-- ===== src/Broker/Call/Demotion.antt =====
-- src/broker.rs: how `demote_on_denial` ends, by what it appends.
use trunnion.Prelude.{Text, codes, Option, none, some, List, ◌≡◌}
use trunnion.Fault.{Fault, Result, done, ok, err}
use trunnion.Trial.{give}
use trunnion.Json.{Json, Digest}
use trunnion.Keys.{Keys}
use trunnion.Policy.Ladder.{Rung, down}
use trunnion.Policy.Rules.{Capability}
use trunnion.Runlog.{Core, append}
use trunnion.Trust.{from_policy}
use trunnion.Broker.{Site, Run}
use trunnion.Broker.Steps.{if-step, record-step}
use trunnion.Broker.Call.{
  has_trigger, demote_on_denial, demote_named, demote_capability, demote_from, capability_of,
}

module _ {ℓ} (j : Json) (d : Digest) (keys : Keys) (site : Site j) (run : Run j d keys site)
    (P : Run j d keys site × Result (Unit {0}) → Type ℓ) (unchanged : P (run, ok tt))
    (failed : (subject : j.Value) (core : Core j d keys site.book site.clock) (fault : Fault)
      → append j d keys site.book site.clock (codes "rung.change") subject run.core
        ≡ (core, err fault)
      → P (record run { core = core }, err fault))
    (written : (subject : j.Value) (core : Core j d keys site.book site.clock) (id : Text)
      → append j d keys site.book site.clock (codes "rung.change") subject run.core ≡ (core, ok id)
      → P (record run { core = core }, ok tt)) where
  demote_from-step :
      (cap_id rule : Text) (from : Rung) (to : Option Rung)
      → P (demote_from j d keys site cap_id rule from to run)
  unfolding demote_from
  demote_from-step cap_id rule from none = unchanged
  demote_from-step cap_id rule from (some to) =
      record-step j d keys site P (codes "rung.change") _ (λ _. give done) run
        (λ core fault e. failed _ core fault e) (λ core id e. written _ core id e)

  demote_capability-step :
      (history : List j.Value) (cap_id rule : Text) (c : Option Capability)
      → P (demote_capability j d keys site history cap_id rule c run)
  unfolding demote_capability
  demote_capability-step history cap_id rule none = unchanged
  demote_capability-step history cap_id rule (some c) = demote_from-step cap_id rule _ (down _)

  demote_named-step :
      (history : List j.Value) (capability : Option Text) (rule : Text)
      → P (demote_named j d keys site history capability rule run)
  unfolding demote_named
  demote_named-step history none rule = unchanged
  demote_named-step history (some cap_id) rule =
      demote_capability-step history cap_id rule
        (capability_of run.policy.capabilities (some cap_id))

  pub demote-step :
      (history : List j.Value) (capability : Option Text) (rule : Text)
      → P (demote_on_denial j d keys site history capability rule run)
  unfolding demote_on_denial
  demote-step history capability rule =
      if-step P
        (has_trigger j d keys site (from_policy j run.policy.trust_budget).demotion_triggers)
        (demote_named-step history capability rule) unchanged
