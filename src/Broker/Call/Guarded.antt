-- ===== src/Broker/Call/Guarded.antt =====
-- src/broker.rs: what a call must be before it reaches the machine.
use trunnion.Prelude.{false, Text, codes, Option, none, some, List, ◌≡◌, refl, ◌⊎◌, inl, inr}
use trunnion.Fault.{Fault, Result, ok, err, call_denied, tool_not_registered}
use trunnion.Trial.{Trial, chain, give}
use trunnion.Json.{Json, Digest}
use trunnion.Keys.{Keys}
use trunnion.Event.{subject_hash}
use trunnion.Ledger.{or_fault}
use trunnion.Policy.Ladder.{Action, allow, deny, hold}
use trunnion.Policy.Decide.{Decision}
use trunnion.Secrets.{value_of}
use trunnion.Runlog.{Core, append}
use trunnion.Broker.{Site, Run, call_hash, emit_result, result_subject}
use trunnion.Broker.Grant.{usable_grant}
use trunnion.Broker.Steps.{give-step, record-step}
use trunnion.Broker.Call.Demotion.{demote-step}
use trunnion.Broker.Call.{
  BrokerResult, Pending, builtin_args, decide_call, decided, refuse, release, carry_out, call,
}

module _ (j : Json) (d : Digest) (keys : Keys) (site : Site j) where
  -- The world of the machine is as it was.
  abbrev Still : {A : Type 0} → Run j d keys site → Run j d keys site × Result A → Type 0
  Still run (after, result) = after.world ≡ run.world

  emit-Still :
      (request_id outcome : Text) (message : Option Text) (run : Run j d keys site) (fault : Fault)
      → Still {A = BrokerResult} run (
          chain
            (emit_result j d keys site request_id outcome none false 0 message run)
            (λ _. give (err fault)))
  unfolding emit_result
  emit-Still request_id outcome message run fault =
      record-step j d keys site (Still run) (codes "tool.result")
        (result_subject j d keys site request_id outcome none false 0 message)
        (λ _. give (err fault)) run (λ core e h. refl) (λ core id h. refl)

  refuse-Still :
      (p : Pending j d keys site) (run : Run j d keys site) → Still run (refuse j d keys site p run)
  unfolding refuse
  refuse-Still p run =
      demote-step j d keys site run (λ t. Still {A = BrokerResult} run (chain t (λ _. last)))
        (emit-Still p.request_id (codes "denied") p.decision.message run _)
        (λ subject core fault e. refl)
        (λ subject core id e.
          emit-Still p.request_id (codes "denied") p.decision.message (record run { core = core })
            _)
        p.history p.decision.capability p.decision.rule
    where
      last : Trial (Run j d keys site) BrokerResult
      last s =
          chain
            (emit_result j d keys site p.request_id (codes "denied") none false 0 p.decision.message
              s)
            (λ _. give (err (call_denied p.tool p.target p.decision.rule p.decision.message)))

  -- What a call is that reaches the machine: of a registered tool, decided on the history after its request, and
  -- allowed, or held with a grant on that history that is usable.
  pub record IsCleared (run : Run j d keys site) (tool target : Text) : Type 0 where
    pub schema : Text
    pub is_registered : value_of run.registered tool ≡ some schema
    pub request : j.Value
    pub core : Core j d keys site.book site.clock
    pub request_id : Text
    pub requested :
        append j d keys site.book site.clock (codes "tool.request") request run.core
        ≡ (core, ok request_id)
    pub history : List j.Value
    pub replayed : site.book.history core.ledger ≡ ok history
    pub decision : Decision j.Value
    pub decided_so : decide_call j d keys site run history tool target ≡ ok decision
    pub hash : Text
    pub hashed : call_hash j d keys site tool (builtin_args j d keys site tool target) ≡ ok hash
    pub cleared :
        (decision.verdict ≡ allow)
        ⊎ ((decision.verdict ≡ hold)
            × (g : j.Value) × (usable_grant j run.policy history hash decision.rule ≡ some g))

  -- Either the machine is as it was, or the call was cleared.
  abbrev pub Held :
      {A : Type 0} → Run j d keys site → Text → Text → Run j d keys site × Result A → Type 0
  Held run tool target (after, result) = (after.world ≡ run.world) ⊎ IsCleared run tool target

  release-held :
      (p : Pending j d keys site) (g : Option j.Value) (run : Run j d keys site)
      → Still run (release j d keys site p g run) ⊎ ((h : j.Value) × (g ≡ some h))
  unfolding release
  release-held p none run = inl (emit-Still p.request_id (codes "blocked") p.decision.message run _)
  release-held p (some g) run = inr (g, refl)

  carry_out-held :
      (p : Pending j d keys site) (verdict : Action) (run : Run j d keys site)
      → Still run (carry_out j d keys site p verdict run)
        ⊎ ((verdict ≡ allow)
            ⊎ ((verdict ≡ hold)
                × (g : j.Value) × (usable_grant j run.policy p.history p.hash p.decision.rule
                    ≡ some g)))
  unfolding carry_out
  carry_out-held p allow run = inr (inl refl)
  carry_out-held p deny run = inl (refuse-Still p run)
  carry_out-held p hold run =
      elim (release-held p (usable_grant j run.policy p.history p.hash p.decision.rule) run) [
        | inl still ↦ inl still
        | inr (g, e) ↦ inr (inr (refl, g, e))
      ]

  -- The steps after the request, from the run as it was when the call came.
  decided-Held :
      (start : Run j d keys site) (tool target schema hash request_id : Text) (request : j.Value)
      (core : Core j d keys site.book site.clock) (id : Text)
      → value_of start.registered tool ≡ some schema
      → call_hash j d keys site tool (builtin_args j d keys site tool target) ≡ ok hash
      → append j d keys site.book site.clock (codes "tool.request") request start.core
        ≡ (core, ok id)
      → Held start tool target
          (decided j d keys site request_id hash tool target (record start { core = core }))
  unfolding decided decide_call
  decided-Held start tool target schema hash request_id request core id registered hashed
        requested =
      give-step (Held start tool target) (site.book.history core.ledger) _ run (λ fault e. inl refl)
        (λ history replayed.
          give-step (Held start tool target) (decide_call j d keys site start history tool target) _
            run (λ fault e. inl refl)
            (λ decision decided_so.
              record-step j d keys site (Held start tool target) (codes "policy.decision") _ _ run
                (λ core2 fault e. inl refl)
                (λ core2 id2 e.
                  elim (carry_out-held (pending history decision) decision.verdict
                    (record run { core = core2 })) [
                      | inl still ↦ inl still
                      | inr cleared ↦ inr (record {
                        schema = schema;
                        is_registered = registered;
                        request = request;
                        core = core;
                        request_id = id;
                        requested = requested;
                        history = history;
                        replayed = replayed;
                        decision = decision;
                        decided_so = decided_so;
                        hash = hash;
                        hashed = hashed;
                        cleared = cleared;
                      })
                    ])))
    where
      run : Run j d keys site
      run = record start { core = core }

      pending : List j.Value → Decision j.Value → Pending j d keys site
      pending history decision = record {
        tool = tool;
        target = target;
        request_id = request_id;
        hash = hash;
        history = history;
        decision = decision;
      }

  -- Whatever a call ends with, it changed nothing in the world of the machine unless it was cleared: its tool is
  -- registered, the policy's decision on the history after the request was an allow, or a hold for which that
  -- history has a usable grant.
  pub call-Held :
      (tool target : Text) (run : Run j d keys site)
      → Held run tool target (call j d keys site tool target run)
  unfolding call
  call-Held tool target run =
      give-step (Held run tool target)
        (or_fault (value_of run.registered tool) (tool_not_registered tool)) _ run
        (λ fault e. inl refl)
        (λ schema found.
          give-step (Held run tool target) (subject_hash j d egress) _ run (λ fault e. inl refl)
            (λ egress_hash e.
              give-step (Held run tool target)
                (call_hash j d keys site tool (builtin_args j d keys site tool target)) _ run
                (λ fault e. inl refl)
                (λ hash hashed.
                  record-step j d keys site (Held run tool target) (codes "tool.request") _ _ run
                    (λ core fault e. inl refl)
                    (λ core id requested.
                      decided-Held run tool target schema hash _ _ core id
                        (found_some (value_of run.registered tool) _ schema found) hashed
                        requested))))
    where
      egress : j.Value
      egress = j.field (j.field run.policy.profile_requirements (codes "egress")) (codes "allow")

      found_some :
          (o : Option Text) (fault : Fault) (t : Text) → or_fault o fault ≡ ok t → o ≡ some t
      found_some none fault t h = cc
      found_some (some u) fault t h = cc
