-- ===== src/Merkle/Collision.antt =====
-- src/merkle.rs: what equal node hashes say, with no assumption that SHA-256 has no collisions: where
-- the parts differ, the two inputs are a collision, and it is the theorem's answer.
use trunnion.Prelude.{
  ℕ, length, List, [], ◌∷◌, ◌++◌, ◌≡◌, ◌≢◌, refl, arith, ◌⊎◌, inl, inr, str_eq, str_eq_iff,
  Bool-cases, All,
}
use trunnion.Json.{Digest}
use trunnion.Merkle.{Hash, node_hash, root_on, root}

-- Two inputs of SHA-256 with one digest.
abbrev pub Collision : Digest → Type 0
Collision d = (a b : List ℕ) × (a ≢ b) × (d.sha256 a ≡ d.sha256 b)

abbrev pub IsHash : Hash → Type 0
IsHash h = length h ≡ 32

-- A SHA-256 digest has 32 bytes.
abbrev pub IsSized : Digest → Type 0
IsSized d = (bytes : List ℕ) → length (d.sha256 bytes) ≡ 32

append_injective :
    (a a' b b' : List ℕ) → length a ≡ length a' → a ++ b ≡ a' ++ b' → (a ≡ a') × (b ≡ b')
append_injective [] [] b b' n e = (refl, e)
append_injective [] (y ∷ a') b b' n e = absurd (omega arith)
append_injective (x ∷ a) [] b b' n e = absurd (omega arith)
append_injective (x ∷ a) (y ∷ a') b b' n e =
    let (same, rest) = append_injective a a' b b' (omega arith) (cc) in (cc, rest)

module _ (d : Digest) where
  pub node_hash-inj :
      (l r l' r' : Hash)
      → IsHash l
      → IsHash l'
      → node_hash d l r ≡ node_hash d l' r'
      → ((l ≡ l') × (r ≡ r')) ⊎ Collision d
  unfolding node_hash
  node_hash-inj l r l' r' n n' e = elim (Bool-cases (str_eq (l ++ r) (l' ++ r'))) [
    | inl same ↦ inl (append_injective l l' r r' (omega arith) ((str_eq_iff _ _).0 same))
    | inr differ ↦
        inr (1 ∷ (l ++ r), 1 ∷ (l' ++ r'), (λ q. ground (arith, str_eq_iff (l ++ r) (l' ++ r'))), e)
  ]

  pub root-IsHash : IsSized d → (leaves : List Hash) → All IsHash leaves → IsHash (root d leaves)
  unfolding root root_on node_hash
  root-IsHash sized [] h = sized []
  root-IsHash sized (x ∷ []) h = h.0
  root-IsHash sized (x ∷ y ∷ rest) h = sized _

### TASK TO COMPLETE
Your reply should hold all the lines from the listing above in which "abbrev" appears.

### EXERCISE SOLUTION
  abbrev Still : {A : Type 0} → Run j d keys site → Run j d keys site × Result A → Type 0
  abbrev pub Held :
abbrev pub Collision : Digest → Type 0
abbrev pub IsHash : Hash → Type 0
abbrev pub IsSized : Digest → Type 0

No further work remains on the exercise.